## The data

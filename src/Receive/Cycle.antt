-- ===== src/Receive/Cycle.antt =====
-- How the receive cycle of AsyncReceiveMessageCallback.cpp goes on after a result, with `receiveMessage` of
-- PushConsumerImpl.cpp.
use rocketmq_client_cpp.Prelude.{
  if◌then◌else◌, ℕ, suc, ◌≡◌, Bool, true, false, ◌||◌, none, some, List, [], ◌∷◌, ◌++◌,
}
use rocketmq_client_cpp.Types.{MessageQueue}
use rocketmq_client_cpp.Queue.{ProcessQueue, should_throttle}
use rocketmq_client_cpp.Rpc.Wrap.{
  ReceiveMessageStatus, ok_status, data_corrupted_status, deadline_exceeded_status, internal_status,
  resource_exhausted_status, not_found_status, out_of_range_status,
}
use rocketmq_client_cpp.Receive.{
  ReceiveConsumer, Effect, Outcome, receive_later, ack, receive_immediately, signal_dispatcher,
  abort,
}
use rocketmq_client_cpp.PushConsumer
use rocketmq_client_cpp.PushConsumer.{Settings, QueueTable, receive_message, pop_message}

-- What the effects start by a call of `receiveMessage` of the consumer on a queue, and how many checks they schedule.
abbrev pub started : Settings → QueueTable → ProcessQueue → List Effect → List PushConsumer.Effect
started s table q [] = []
started s table q (ack m ∷ es) = started s table q es
started s table q (signal_dispatcher ∷ es) = started s table q es
started s table q (receive_later ∷ es) = started s table q es
started s table q (receive_immediately ∷ es) =
    (receive_message s q.message_queue q.filter_expression table).2 ++ started s table q es
started s table q (abort ∷ es) = started s table q es

abbrev pub scheduled : List Effect → ℕ
scheduled [] = 0
scheduled (ack m ∷ es) = scheduled es
scheduled (signal_dispatcher ∷ es) = scheduled es
scheduled (receive_later ∷ es) = suc (scheduled es)
scheduled (receive_immediately ∷ es) = scheduled es
scheduled (abort ∷ es) = scheduled es

-- The results after which no message is asked for at once.
abbrev pub is_postponed : ReceiveMessageStatus → Bool
is_postponed ok_status = false
is_postponed data_corrupted_status = false
is_postponed out_of_range_status = false
is_postponed deadline_exceeded_status = false
is_postponed internal_status = true
is_postponed resource_exhausted_status = true
is_postponed not_found_status = true

-- Where the queue that is left is to wait: one check is scheduled and nothing started; otherwise one pop is started and
-- no check scheduled.
abbrev pub GoesOn : Settings → QueueTable → ReceiveConsumer → MessageQueue → Bool → Outcome → Type 0
GoesOn s table c queue postponed (none, es) = ⊥
GoesOn s table c queue postponed (some q, es) =
    (started s table q es
      ≡ (if postponed || should_throttle (some c.quota) q then [] else pop_message queue ∷ []))
    × (scheduled es ≡ (if postponed || should_throttle (some c.quota) q then 1 else 0))

-- Effects that neither start nor schedule anything.
abbrev IsQuiet : List Effect → Type 0
IsQuiet [] = Unit {0}
IsQuiet (ack m ∷ es) = IsQuiet es
IsQuiet (signal_dispatcher ∷ es) = IsQuiet es
IsQuiet (receive_later ∷ es) = ⊥
IsQuiet (receive_immediately ∷ es) = ⊥
IsQuiet (abort ∷ es) = IsQuiet es
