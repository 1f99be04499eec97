-- ===== src/Receive/PullOffset.antt =====
-- Where the next pull starts after one that succeeds (AsyncReceiveMessageCallback.cpp).
use rocketmq_client_cpp.Prelude.{
  if◌then◌else◌, ap, ◌∙◌, ℕ, ◌≡◌, refl, true, Option, none, some, List, [], Bool-cases, inl, inr,
}
use rocketmq_client_cpp.Prelude.Text.{Text}
use rocketmq_client_cpp.Types.{pull}
use rocketmq_client_cpp.Queue.{ProcessQueue, should_throttle, sync_idle_state}
use rocketmq_client_cpp.Rpc.Wrap.Pull.{process_pull_result-offset}
use rocketmq_client_cpp.Rpc.Wrap.{ReceiveResult, Response, Codec, process_pull_result}
use rocketmq_client_cpp.Receive.{
  on_status, on_found, then_receive, check_throttle_then_receive, move_offset, cache_then_signal,
  ReceiveConsumer, Effect, on_success, ok_status,
}

abbrev pub next_offset_of : Option ProcessQueue → Option ℕ
next_offset_of none = none
next_offset_of (some q) = some q.next_offset

then_receive-offset :
    (now : ℕ) (q : ProcessQueue) (c : ReceiveConsumer) (effects : List Effect)
    → next_offset_of (then_receive now q c effects).0 ≡ some q.next_offset
unfolding then_receive check_throttle_then_receive sync_idle_state
then_receive-offset now q c effects = elim (Bool-cases (should_throttle (some c.quota) q)) [
  | inl e ↦ rw e refl
  | inr e ↦ rw e refl
]

on_found-offset :
    (now : ℕ) (c : ReceiveConsumer) (r : ReceiveResult) (q : ProcessQueue)
    → c.receive_message_action ≡ pull
    → r.next_offset ≡ 0
    → next_offset_of (on_found now c r q).0 ≡ some 0
unfolding on_found
on_found-offset now c r q pulls o =
    then_receive-offset now _ c _
    ∙ (ap (λ a. some (move_offset a r.next_offset (cache_then_signal c r.messages q).0).next_offset)
          pulls
        ∙ ap some o)

-- A pull that is found starts the next one at offset 0, whatever the response says is next: an active
-- consumer that pulls has next offset 0 after the result.
pull_found-restarts :
    (now : ℕ) (ns : Text) (codec : Codec) (response : Response) (r : ReceiveResult)
    (c : ReceiveConsumer) (q : ProcessQueue)
    → process_pull_result ns codec response ≡ some r
    → r.status ≡ ok_status
    → c.active ≡ true
    → c.receive_message_action ≡ pull
    → next_offset_of (on_success now (some q) (some c) r).0 ≡ some 0
unfolding on_success on_status
pull_found-restarts now ns codec response r c q run found active pulls =
    let zero_offset = process_pull_result-offset ns codec response r run in
    ap (λ b. next_offset_of (if b then on_status now r.status c r q else (some q, [])).0) active
    ∙ (ap (λ s. next_offset_of (on_status now s c r q).0) found
        ∙ on_found-offset now c r q pulls zero_offset)
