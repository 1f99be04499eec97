-- ===== src/RouteCache/Coalesce.antt =====
-- The lookups of one topic in ClientImpl.cpp, in any order with replies and updates.
use rocketmq_client_cpp.Prelude.{
  ◌||◌, is_empty, ℕ, ◌+◌, ◌≡◌, refl, ap, sym, subst, Bool, true, false, Option, none, some, List,
  [], ◌∷◌, ◌++◌, if◌then◌else◌, arith, Bool-cases, inl, inr, is_some,
}
use rocketmq_client_cpp.Prelude.Text.{Text, text_eq, text_eq_refl}
use rocketmq_client_cpp.Prelude.Table.{
  lookup, contains_key, lookup-insert_or_assign, lookup-erase_key,
}
use rocketmq_client_cpp.Types.{ErrorCode}
use rocketmq_client_cpp.Route.{Partition, route_eq}
use rocketmq_client_cpp.RouteCache.{
  Client, Effect, store, register, register_for, join, update_route_cache, on_topic_route_ready,
  release_pending, answer, fetch_route_for, call, resolve_route,
}

abbrev pub or_nil : Option (List ℕ) → List ℕ
or_nil none = []
or_nil (some cbs) = cbs

-- The callbacks of a topic that wait.
abbrev pub parked : Text → Client → List ℕ
parked t c = or_nil (lookup t c.inflight_route_requests)

abbrev pub called : List Effect → List ℕ
called [] = []
called (call cb ec route ∷ es) = cb ∷ called es
called (resolve_route topic ∷ es) = called es

abbrev pub asked_server : List Effect → ℕ
asked_server [] = 0
asked_server (call cb ec route ∷ es) = asked_server es
asked_server (resolve_route topic ∷ es) = 1 + asked_server es

-- A client as one topic sees it: its callbacks in the order of their arrival and of their answers, and
-- how many requests for it are on their way.
pub record World : Type 0 where
  pub client : Client
  pub arrived : List ℕ
  pub answered : List ℕ
  pub requests : ℕ

abbrev pub Missing : Text → Client → Type 0
Missing t c = lookup t c.topic_route_table ≡ none

pub data Step (t : Text) (w : World) : World → Type 0 where
  -- A lookup of the topic that the table does not answer.
  asks :
      (cb : ℕ)
      → Missing t w.client
      → Step t w (record {
        client = (register true t cb w.client).0;
        arrived = w.arrived ++ cb ∷ [];
        answered = w.answered ++ called (register true t cb w.client).1;
        requests = w.requests + asked_server (register true t cb w.client).1;
      })
  -- One of another topic.
  asks_other :
      (topic : Text) (cb : ℕ)
      → text_eq topic t ≡ false
      → Step t w (record w { client = (register true topic cb w.client).0 })
  replies :
      (ec : Option ErrorCode) (route : Option (List Partition)) {c : Client} {es : List Effect}
      {n : ℕ}
      → w.requests ≡ n + 1
      → on_topic_route_ready t ec route w.client ≡ some (c, es)
      → Step t w (record {
        client = c;
        arrived = w.arrived;
        answered = w.answered ++ called es;
        requests = n;
      })
  replies_other :
      (topic : Text) (ec : Option ErrorCode) (route : Option (List Partition)) {c : Client}
      {es : List Effect}
      → text_eq topic t ≡ false
      → on_topic_route_ready topic ec route w.client ≡ some (c, es)
      → Step t w (record w { client = c })
  -- The reply to a request of `updateRouteInfo`.
  updates :
      (topic : Text) (ec : Option ErrorCode) (route : Option (List Partition))
      → Step t w (record w { client = update_route_cache topic ec route w.client })

pub data Reach (t : Text) : World → Type 0 where
  start :
      (table : List (Text × List Partition))
      → Reach t (record {
        client = record { topic_route_table = table; inflight_route_requests = [] };
        arrived = [];
        answered = [];
        requests = 0;
      })
  later : {w v : World} → Reach t w → Step t w v → Reach t v

pub record Shared (t : Text) (w : World) : Type 0 where
  pub order : w.arrived ≡ w.answered ++ parked t w.client
  pub one : w.requests ≡ (if contains_key t w.client.inflight_route_requests then 1 else 0)

abbrev pub waiting : Text → Client → Option (List ℕ)
waiting t c = lookup t c.inflight_route_requests

store-inflight :
    (topic : Text) (route : List Partition) (c : Client) (o : Option (List Partition))
    → (store topic route c o).inflight_route_requests ≡ c.inflight_route_requests
unfolding store
store-inflight topic route c none = refl
store-inflight topic route c (some cached) = elim (Bool-cases (route_eq cached route)) [
  | inl e ↦ rw e refl
  | inr e ↦ rw e refl
]

pub update-inflight :
    (topic : Text) (ec : Option ErrorCode) (route : Option (List Partition)) (c : Client)
    → (update_route_cache topic ec route c).inflight_route_requests ≡ c.inflight_route_requests
unfolding update_route_cache
update-inflight topic ec none c = refl
update-inflight topic ec (some route) c = elim (Bool-cases (is_some ec || is_empty route)) [
  | inl e ↦ rw e refl
  | inr e ↦ rw e (store-inflight topic route c (lookup topic c.topic_route_table))
]

-- A lookup that joins: it waits last, nobody is called, and the first one asks the server.
pub record Joined (t : Text) (cb : ℕ) (o : Option (List ℕ)) (r : Client × List Effect)
    : Type 0 where
  pub waits : waiting t r.0 ≡ some (or_nil o ++ cb ∷ [])
  pub calls : called r.1 ≡ []
  pub asks : asked_server r.1 ≡ (if is_some o then 0 else 1)

pub join-Joined :
    (t : Text) (cb : ℕ) (c : Client) (o : Option (List ℕ)) → Joined t cb o (join true t cb c o)
unfolding join fetch_route_for
join-Joined t cb c none = record {
  waits =
      ground
        (arith, lookup-insert_or_assign t t (cb ∷ []) c.inflight_route_requests, text_eq_refl t);
  calls = refl;
  asks = refl;
}
join-Joined t cb c (some cbs) = record {
  waits = ground (
    arith,
    lookup-insert_or_assign t t (cbs ++ cb ∷ []) c.inflight_route_requests,
    text_eq_refl t,
  );
  calls = refl;
  asks = refl;
}

pub register-Joined :
    (t : Text) (cb : ℕ) (c : Client)
    → Missing t c
    → Joined t cb (waiting t c) (register true t cb c)
unfolding register register_for
register-Joined t cb c m =
    subst (Joined t cb (waiting t c)) (ap (register_for true t cb c) (sym m))
      (join-Joined t cb c (waiting t c))

-- Other topics' requests leave the topic's alone.
join-other :
    (has : Bool) (topic t : Text) (cb : ℕ) (c : Client) (o : Option (List ℕ))
    → text_eq topic t ≡ false
    → waiting t (join has topic cb c o).0 ≡ waiting t c
unfolding join
join-other has topic t cb c none e =
    ground (arith, lookup-insert_or_assign topic t (cb ∷ []) c.inflight_route_requests)
join-other has topic t cb c (some cbs) e =
    ground (arith, lookup-insert_or_assign topic t (cbs ++ cb ∷ []) c.inflight_route_requests)

pub register-other :
    (has : Bool) (topic t : Text) (cb : ℕ) (c : Client) (o : Option (List Partition))
    → text_eq topic t ≡ false
    → waiting t (register_for has topic cb c o).0 ≡ waiting t c
unfolding register_for
register-other has topic t cb c none e = join-other has topic t cb c (waiting topic c) e
register-other has topic t cb c (some route) e = refl

called-answer :
    (ec : Option ErrorCode) (route : Option (List Partition)) (cbs : List ℕ)
    → called (answer ec route cbs) ≡ cbs
unfolding answer
called-answer ec route [] = refl
called-answer ec route (cb ∷ cbs) = ap (λ l. cb ∷ l) (called-answer ec route cbs)

-- What a reply takes: all that wait, and the topic's entry with them.
pub release-own :
    (t : Text) (ec : Option ErrorCode) (route : Option (List Partition)) (c c' : Client)
    (o : Option (List ℕ)) (es : List Effect)
    → release_pending t ec route c o ≡ some (c', es)
    → (called es ≡ or_nil o) × ((waiting t c' ≡ none) × (is_some o ≡ true))
unfolding release_pending
release-own t ec route c c' none es e = absurd cc
release-own t ec route c c' (some cbs) es e =
    let gone = lookup-erase_key t t c.inflight_route_requests in
    let all = called-answer ec route cbs in (cc, (ground (arith, gone, text_eq_refl t), refl))

pub release-other :
    (topic t : Text) (ec : Option ErrorCode) (route : Option (List Partition)) (c c' : Client)
    (o : Option (List ℕ)) (es : List Effect)
    → text_eq topic t ≡ false
    → release_pending topic ec route c o ≡ some (c', es)
    → waiting t c' ≡ waiting t c
unfolding release_pending
release-other topic t ec route c c' none es d e = absurd cc
release-other topic t ec route c c' (some cbs) es d e =
    ground (arith, lookup-erase_key topic t c.inflight_route_requests)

## What the task asks
Return a copy of each line in the entries that carries the string "waits".

## Result for this exercise
-- A lookup that joins: it waits last, nobody is called, and the first one asks the server.
  pub waits : waiting t r.0 ≡ some (or_nil o ++ cb ∷ [])
  waits =
  waits = ground (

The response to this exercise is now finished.